# [TASK DETAILS]
Copy each line below that has "length".

# [DATA FOR THIS TASK]
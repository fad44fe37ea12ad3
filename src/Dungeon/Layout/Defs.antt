-- ===== src/Dungeon/Layout/Defs.antt =====
-- internal/models/dungeon.go: DungeonLayout, puzzleGridInRange, ValidateDungeonLayout. An error is
-- named for its message, with the numbers that the message shows; a nil error is `none`.
use magic_jigsaw.Prelude.{
  ℕ, ◌+◌, Bool, false, not, ◌&&◌, ◌||◌, List, [], ◌∷◌, Option, none, some, ℤ, pos, int_le, ltb,
  ◌==◌, if◌then◌else◌, length,
}
use magic_jigsaw.Db.Schema.{Cell}
use magic_jigsaw.Dungeon.Grid.{cell_eq, cell_in_bounds, cells_adjacent, has_cell}

abbrev pub dungeon_min_monster_count : ℕ
dungeon_min_monster_count = 1

abbrev pub dungeon_max_monster_count : ℕ
dungeon_max_monster_count = 20

abbrev pub dungeon_min_puzzle_grid : ℤ
dungeon_min_puzzle_grid = pos 2

abbrev pub dungeon_max_puzzle_grid : ℤ
dungeon_max_puzzle_grid = pos 20

pub record DungeonMonsterInput : Type 0 where
  pub cell : Cell
  pub image_id : ℕ
  pub grid_cols : ℤ
  pub grid_rows : ℤ
  pub play_seconds : ℤ

pub record DungeonLayout : Type 0 where
  pub start : Cell
  pub treasure : Cell
  pub path : List Cell
  pub monsters : List DungeonMonsterInput
  pub treasure_image_id : ℕ
  pub treasure_grid_cols : ℤ
  pub treasure_grid_rows : ℤ
  pub treasure_play_seconds : ℤ

pub data LayoutError : Type 0 where
  start_out_of_bounds treasure_out_of_bounds path_too_short : LayoutError
  path_cell_out_of_bounds path_cells_not_adjacent : ℕ → LayoutError
  path_duplicate : Cell → LayoutError
  path_start path_end monster_count : LayoutError
  monster_out_of_bounds monster_off_path monster_on_endpoint monster_shares_cell : ℕ → LayoutError
  monster_grid monster_play_seconds : ℕ → LayoutError
  treasure_grid treasure_play_seconds : LayoutError

unfoldable pub puzzle_grid_in_range : ℤ → ℤ → Bool
puzzle_grid_in_range cols rows =
    int_le dungeon_min_puzzle_grid cols
    && (int_le cols dungeon_max_puzzle_grid
        && (int_le dungeon_min_puzzle_grid rows && int_le rows dungeon_max_puzzle_grid))

-- `i > 0 && !cellsAdjacent(l.Path[i-1], c)`, with the cell before `c` if there is one.
unfoldable pub breaks_path : Option Cell → Cell → Bool
breaks_path none c = false
breaks_path (some b) c = not (cells_adjacent b c)

-- The loop over l.Path from its i-th cell on: `prev` is l.Path[i-1], `seen` the cells so far.
unfoldable pub check_path : ℕ → Option Cell → List Cell → List Cell → Option LayoutError
check_path i prev seen [] = none
check_path i prev seen (c ∷ cs) =
    let rest = check_path (i + 1) (some c) (c ∷ seen) cs in
    if not (cell_in_bounds c)
    then some (path_cell_out_of_bounds i)
    else if has_cell c seen
    then some (path_duplicate c)
    else if breaks_path prev c
    then some (path_cells_not_adjacent i)
    else rest

-- The loop over l.Monsters from its i-th on: `path` are the cells seen before, `taken` is
-- monsterCells.
unfoldable pub check_monsters :
    DungeonLayout → ℕ → List Cell → List DungeonMonsterInput → Option LayoutError
check_monsters l i taken [] = none
check_monsters l i taken (m ∷ ms) =
    let rest = check_monsters l (i + 1) (m.cell ∷ taken) ms in
    if not (cell_in_bounds m.cell)
    then some (monster_out_of_bounds i)
    else if not (has_cell m.cell l.path)
    then some (monster_off_path i)
    else if cell_eq m.cell l.start || cell_eq m.cell l.treasure
    then some (monster_on_endpoint i)
    else if has_cell m.cell taken
    then some (monster_shares_cell i)
    else if not (puzzle_grid_in_range m.grid_cols m.grid_rows)
    then some (monster_grid i)
    else if int_le m.play_seconds (pos 0)
    then some (monster_play_seconds i)
    else rest

-- l.Path[0] != l.Start and l.Path[len(l.Path)-1] != l.Treasure, on a path that is not empty.
unfoldable pub starts_at : Cell → List Cell → Bool
starts_at s [] = false
starts_at s (c ∷ cs) = cell_eq c s

unfoldable pub ends_at : Cell → List Cell → Bool
ends_at t [] = false
ends_at t (c ∷ []) = cell_eq c t
ends_at t (c ∷ d ∷ cs) = ends_at t (d ∷ cs)

unfoldable pub check_treasure : DungeonLayout → Option LayoutError
check_treasure l =
    if l.treasure_image_id == 0
    then none
    else if not (puzzle_grid_in_range l.treasure_grid_cols l.treasure_grid_rows)
    then some treasure_grid
    else if int_le l.treasure_play_seconds (pos 0)
    then some treasure_play_seconds
    else none

-- `if err != nil { return err }`, then the rest.
abbrev pub and_then : Option LayoutError → Option LayoutError → Option LayoutError
and_then none rest = rest
and_then (some e) rest = some e

unfoldable pub validate_dungeon_layout : DungeonLayout → Option LayoutError
validate_dungeon_layout l =
    if not (cell_in_bounds l.start)
    then some start_out_of_bounds
    else if not (cell_in_bounds l.treasure)
    then some treasure_out_of_bounds
    else if ltb (length l.path) 2
    then some path_too_short
    else and_then (check_path 0 none [] l.path) (
        if not (starts_at l.start l.path)
        then some path_start
        else if not (ends_at l.treasure l.path)
        then some path_end
        else if ltb (length l.monsters) dungeon_min_monster_count
            || ltb dungeon_max_monster_count (length l.monsters)
        then some monster_count
        else and_then (check_monsters l 0 [] l.monsters) (check_treasure l))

# [WRITTEN REPLY]
  ◌==◌, if◌then◌else◌, length,
    else if ltb (length l.path) 2
        else if ltb (length l.monsters) dungeon_min_monster_count
            || ltb dungeon_max_monster_count (length l.monsters)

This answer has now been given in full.